Мы прошли в столовую, видимо, для офицеров: столики, официантки, уют какой-никакой. Заказал себе первое попавшееся и начал оглядываться. Большинство в форме, форме разной, даже, кажется, разных армий. Некоторые в кожаных куртках. Я в своей гражданской одежде смотрелся здесь немного странно. Но это не мои проблемы.
Мне подали что-то мясное, с кашей. Все было вполне съедобно, и я с радостью это уплетал, понимая, что в поезде мне лучше питаться сухпаем. Вдруг перед моим столиком образовался некий человек, во френче, галифе и кавалерийских сапогах, с саблей чубом и глазами на выкате. Вот, всегда, во все времена, кавалеристы — это проблемы. Я не знаю, их специально такими рожают, без башни? Или кавалеристов в день призыва конь копытом бьет в голову, чтобы мозги совсем отбить!
Я поднял на подошедшего глаза и улыбнулся. Тот, слегка помялся — неожиданность и спросил вполне вежливо:
— Это, браток, тебя от Наркоминдел к фашистам посылают? — завис немного, переводя его слова на понятный язык, после чего, сказал:
— Давай, садись, может угостить чем?
— Да не, я уже нажрался, а пить — не время, на пост заступать, так ты из ихних, скажи?

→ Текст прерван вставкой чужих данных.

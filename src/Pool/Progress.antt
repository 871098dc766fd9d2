-- ===== src/Pool/Progress.antt =====
-- The wakeups: what a pool with a job in its queue can do.
use cand_cppwith_linux.Base.{
  ℕ, zero, suc, ◌<◌, ◌≡◌, ◌≢◌, refl, sym, ap, ◌∙◌, Bool, true, false, Bool-cases, ◌⊎◌, inl, inr,
  List, [], ◌∷◌, ok, arith, ◌==◌, ==_iff,
}
use cand_cppwith_linux.Pool.{
  Work, Worker, locking, testing, fronted, waiting, woken, holding, running, Producer, outside,
  asking, pushing, signalling, leaving, Owner, nobody, producer, worker, ThreadPool, Event, called,
  pushed, took, ran, woke, other, WorkerStep, lock, wait, spurious, relock, front, pop_front,
  unlock, run, QueueStep, call, enter, push, signal, signal_none, leave, Step, of_worker, of_queue,
  Steps, start, after, thread_pool_init, set_worker, is_waiting,
}
use cand_cppwith_linux.Pool.Lock.{
  init-new, IsLocked, is_inside, is_calling, is_owner, is_caller, is_known, set-same, new-IsLocked,
  Step-IsLocked,
}

-- a job in the queue is not forgotten: a signal is due, or a worker does not wait
pub record IsAwake (tp : ThreadPool) : Type 0 where
  pub locked : IsLocked tp
  pub some_thread : 0 < tp.threads
  pub awake :
      (tp.queue ≡ [])
      ⊎ ((tp.caller ≡ signalling)
          ⊎ ((i : ℕ) × (i < tp.threads) × (is_waiting (tp.workers i) ≡ false)))

moved-awake :
    (tp : ThreadPool) (i : ℕ) (w : Worker)
    → i < tp.threads
    → is_waiting w ≡ false
    → (j : ℕ) × (j < tp.threads) × (is_waiting (set_worker tp.workers i w j) ≡ false)
moved-awake tp i w h e = (i, h, ap is_waiting (set-same tp.workers i w) ∙ e)

worker-IsAwake :
    (tp : ThreadPool) (i : ℕ) {e : Event} {tp' : ThreadPool}
    → IsAwake tp
    → i < tp.threads
    → WorkerStep tp i e tp'
    → IsAwake tp'
worker-IsAwake tp i v h s = record {
  locked = Step-IsLocked tp v.locked (of_worker i h s);
  some_thread = threads s;
  awake = next s;
}
  where
    threads : {e : Event} {tp' : ThreadPool} → WorkerStep tp i e tp' → 0 < tp'.threads
    threads (lock a b) = v.some_thread
    threads (wait a b) = v.some_thread
    threads (spurious a) = v.some_thread
    threads (relock a b) = v.some_thread
    threads (front w rest a b) = v.some_thread
    threads (pop_front w head rest a b) = v.some_thread
    threads (unlock w a) = v.some_thread
    threads (run w a) = v.some_thread

    next :
        {e : Event} {tp' : ThreadPool}
        → WorkerStep tp i e tp'
        → (tp'.queue ≡ [])
          ⊎ ((tp'.caller ≡ signalling)
              ⊎ ((j : ℕ) × (j < tp'.threads) × (is_waiting (tp'.workers j) ≡ false)))
    next (lock a b) = inr (inr (moved-awake tp i testing h refl))
    next (wait a b) = inl b
    next (spurious a) = inr (inr (moved-awake tp i woken h refl))
    next (relock a b) = inr (inr (moved-awake tp i testing h refl))
    next (front w rest a b) = inr (inr (moved-awake tp i (fronted w) h refl))
    next (pop_front w head rest a b) = inr (inr (moved-awake tp i (holding w) h refl))
    next (unlock w a) = inr (inr (moved-awake tp i (running w) h refl))
    next (run w a) = inr (inr (moved-awake tp i locking h refl))

abbrev is_due : Producer → Bool
is_due signalling = true
is_due _ = false

not_due :
    (tp : ThreadPool) (c : Producer)
    → is_due c ≡ false
    → tp.caller ≡ c
    → IsAwake tp
    → (tp.queue ≡ []) ⊎ ((i : ℕ) × (i < tp.threads) × (is_waiting (tp.workers i) ≡ false))
not_due tp c e at v = elim (v.awake) [
  | inl empty ↦ inl empty
  | inr (inl due) ↦ absurd (no_due (sym (ap is_due due) ∙ (ap is_due at ∙ e)))
  | inr (inr one) ↦ inr one
]
  where
    no_due : true ≡ false → ⊥
    no_due e = cc

caller-IsAwake :
    (tp : ThreadPool) {e : Event} {tp' : ThreadPool} → IsAwake tp → QueueStep tp e tp' → IsAwake tp'
caller-IsAwake tp v s = record {
  locked = Step-IsLocked tp v.locked (of_queue s);
  some_thread = threads s;
  awake = next s;
}
  where
    threads : {e : Event} {tp' : ThreadPool} → QueueStep tp e tp' → 0 < tp'.threads
    threads (call w a) = v.some_thread
    threads (enter w a b) = v.some_thread
    threads (push w a) = v.some_thread
    threads (signal i a b c) = v.some_thread
    threads (signal_none a b) = v.some_thread
    threads (leave a) = v.some_thread

    same :
        (c : Producer)
        → is_due c ≡ false
        → tp.caller ≡ c
        → {d : Producer}
        → (tp.queue ≡ [])
          ⊎ ((d ≡ signalling) ⊎ ((i : ℕ) × (i < tp.threads) × (is_waiting (tp.workers i) ≡ false)))
    same c e at = elim (not_due tp c e at v) [ inl empty ↦ inl empty | inr one ↦ inr (inr one) ]

    next :
        {e : Event} {tp' : ThreadPool}
        → QueueStep tp e tp'
        → (tp'.queue ≡ [])
          ⊎ ((tp'.caller ≡ signalling)
              ⊎ ((j : ℕ) × (j < tp'.threads) × (is_waiting (tp'.workers j) ≡ false)))
    next (call w a) = same outside refl a
    next (enter w a b) = same (asking w) refl a
    next (push w a) = inr (inl refl)
    next (signal i a b c) = inr (inr (moved-awake tp i woken b refl))
    next (signal_none a b) = inr (inr (0, v.some_thread, b 0 v.some_thread))
    next (leave a) = same leaving refl a

steps-IsAwake :
    (tp : ThreadPool) {es : List Event} {tp' : ThreadPool}
    → IsAwake tp
    → Steps tp es tp'
    → IsAwake tp'
steps-IsAwake tp v start = v
steps-IsAwake tp v (after {tp' = tp'} e before s) = on_step tp' (steps-IsAwake tp v before) s
  where
    on_step :
        (tp' : ThreadPool) {e : Event} {tp'' : ThreadPool}
        → IsAwake tp'
        → Step tp' e tp''
        → IsAwake tp''
    on_step tp' v (of_worker i h s) = worker-IsAwake tp' i v h s
    on_step tp' v (of_queue s) = caller-IsAwake tp' v s

-- a step on behalf of the jobs: no new call, and no wakeup without a signal
abbrev pub is_progress : Event → Bool
is_progress (called w) = false
is_progress woke = false
is_progress _ = true

abbrev pub Goes : ThreadPool → Type 0
Goes tp = (e : Event) × (tp' : ThreadPool) × Step tp e tp' × (is_progress e ≡ true)

waiting_is : (w : Worker) → is_waiting w ≡ true → w ≡ waiting
waiting_is waiting e = refl
waiting_is locking e = absurd (cc)
waiting_is testing e = absurd (cc)
waiting_is (fronted w) e = absurd (cc)
waiting_is woken e = absurd (cc)
waiting_is (holding w) e = absurd (cc)
waiting_is (running w) e = absurd (cc)

some_waiting :
    (ws : ℕ → Worker) (n : ℕ)
    → ((i : ℕ) × (i < n) × (ws i ≡ waiting)) ⊎ ((i : ℕ) → i < n → is_waiting (ws i) ≡ false)
some_waiting ws zero = inr λ i h. absurd (omega (arith, h))
some_waiting ws (suc n) = elim (some_waiting ws n) [
  | inl (i, h, e) ↦ inl (i, omega (arith, h), e)
  | inr none_before ↦ elim (Bool-cases (is_waiting (ws n))) [
    | inl e ↦ inl (n, omega arith, waiting_is (ws n) e)
    | inr e ↦ inr λ i h. elim (Bool-cases (i == n)) [
      | inl t ↦ ap (λ j. is_waiting (ws j)) ((==_iff i n).0 t) ∙ e
      | inr f ↦ none_before i (ground (arith, h, f))
    ]
  ]
]

inside_awake : (w : Worker) → is_inside w ≡ true → is_waiting w ≡ false
inside_awake locking e = refl
inside_awake testing e = refl
inside_awake (fronted w) e = refl
inside_awake waiting e = absurd (cc)
inside_awake woken e = refl
inside_awake (holding w) e = refl
inside_awake (running w) e = refl

module _ (tp : ThreadPool) (v : IsAwake tp) (busy : tp.queue ≢ []) where
  -- a worker that does not wait, where the mutex is not in its way
  worker-Goes :
      (i : ℕ)
      → i < tp.threads
      → (w : Worker) → tp.workers i ≡ w
      → is_waiting w ≡ false
      → (is_inside w ≡ true) ⊎ (tp.mu ≡ nobody)
      → Goes tp
  worker-Goes i h locking at e (inr free) = (other, _, of_worker i h (lock at free), refl)
  worker-Goes i h locking at e (inl inside) = absurd (cc)
  worker-Goes i h woken at e (inr free) = (other, _, of_worker i h (relock at free), refl)
  worker-Goes i h woken at e (inl inside) = absurd (cc)
  worker-Goes i h waiting at e m = absurd (cc)
  worker-Goes i h testing at e m = taken (tp.queue) refl
    where
      taken : (q : List Work) → tp.queue ≡ q → Goes tp
      taken [] empty = absurd (busy empty)
      taken (w ∷ rest) full = (other, _, of_worker i h (front w rest at full), refl)
  worker-Goes i h (fronted w) at e m = taken (tp.queue) refl
    where
      taken : (q : List Work) → tp.queue ≡ q → Goes tp
      taken [] empty = absurd (busy empty)
      taken (head ∷ rest) full = (took w, _, of_worker i h (pop_front w head rest at full), refl)
  worker-Goes i h (holding w) at e m = (other, _, of_worker i h (unlock w at), refl)
  worker-Goes i h (running w) at e m = (ran w, _, of_worker i h (run w at), refl)

  caller-Goes : (c : Producer) → tp.caller ≡ c → is_calling c ≡ true → Goes tp
  caller-Goes outside at e = absurd (cc)
  caller-Goes (asking w) at e = absurd (cc)
  caller-Goes (pushing w) at e = (pushed w, _, of_queue (push w at), refl)
  caller-Goes leaving at e = (other, _, of_queue (leave at), refl)
  caller-Goes signalling at e = elim (some_waiting tp.workers tp.threads) [
    | inl (i, h, waits) ↦ (other, _, of_queue (signal i at h waits), refl)
    | inr all ↦ (other, _, of_queue (signal_none at all), refl)
  ]

  owner-Goes : (m : Owner) → tp.mu ≡ m → Goes tp
  owner-Goes (worker i) at =
      let range : i < tp.threads =
        let k = sym (ap (is_known tp.threads) at) ∙ v.locked.known in ground (arith, k) in
      let inside = v.locked.workers i range ∙ (ap (is_owner i) at ∙ (==_iff i i).1 refl) in
      worker-Goes i range (tp.workers i) refl (inside_awake (tp.workers i) inside) (inl inside)
  owner-Goes producer at = caller-Goes (tp.caller) refl (v.locked.caller ∙ ap is_caller at)
  owner-Goes nobody at = elim (v.awake) [
    | inl empty ↦ absurd (busy empty)
    | inr (inl due) ↦ caller-Goes signalling due refl
    | inr (inr (i, h, e)) ↦ worker-Goes i h (tp.workers i) refl e (inr at)
  ]

-- In whatever order the threads take their steps, a pool with a job in its queue is not stuck: a
-- thread can take a step that is neither a new call of thread_pool_queue nor a wakeup without a
-- signal. Not all workers sleep while a job is due.
pub thread_pool_init-Goes :
    (n : ℕ) (tp tp' : ThreadPool) (es : List Event)
    → thread_pool_init n ≡ ok tp
    → Steps tp es tp'
    → tp'.queue ≢ []
    → Goes tp'
thread_pool_init-Goes n tp tp' es init steps busy =
    let (positive, same) = init-new n tp init in
    let v : IsAwake tp =
      rw same (record { locked = new-IsLocked n; some_thread = positive; awake = inl refl }) in
    owner-Goes tp' (steps-IsAwake tp v steps) busy (tp'.mu) refl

— Ну да, если я правильно тебя понял.
— Ты браток, там всего остерегайся. Знакомец мой, сам из бывших, но лихой, пытался маршрутом пройти. Не смог, завалили его. Держись там, нам этот договор с фашистами очень нужен, постарайся, сделай его. Мои все за тебя молиться будут, хоть и говорят сейчас, что это не дело, Отцу небесному молиться, вроде как научное мировоззрение отвергает это. Но мы ж, темные, нам что анархизм, что социал-максимализм — одна байда. Так говорю, народ? — оказалось, наш разговор слушает весь зал. Все грянули одобрительно!
— Ну раз так, говорю вам — сделаю все, доставлю пакет фашистам, все будет ладно. Мое слово твердое!
— Э, браток, такие слова не все могут базарить, это древний клич!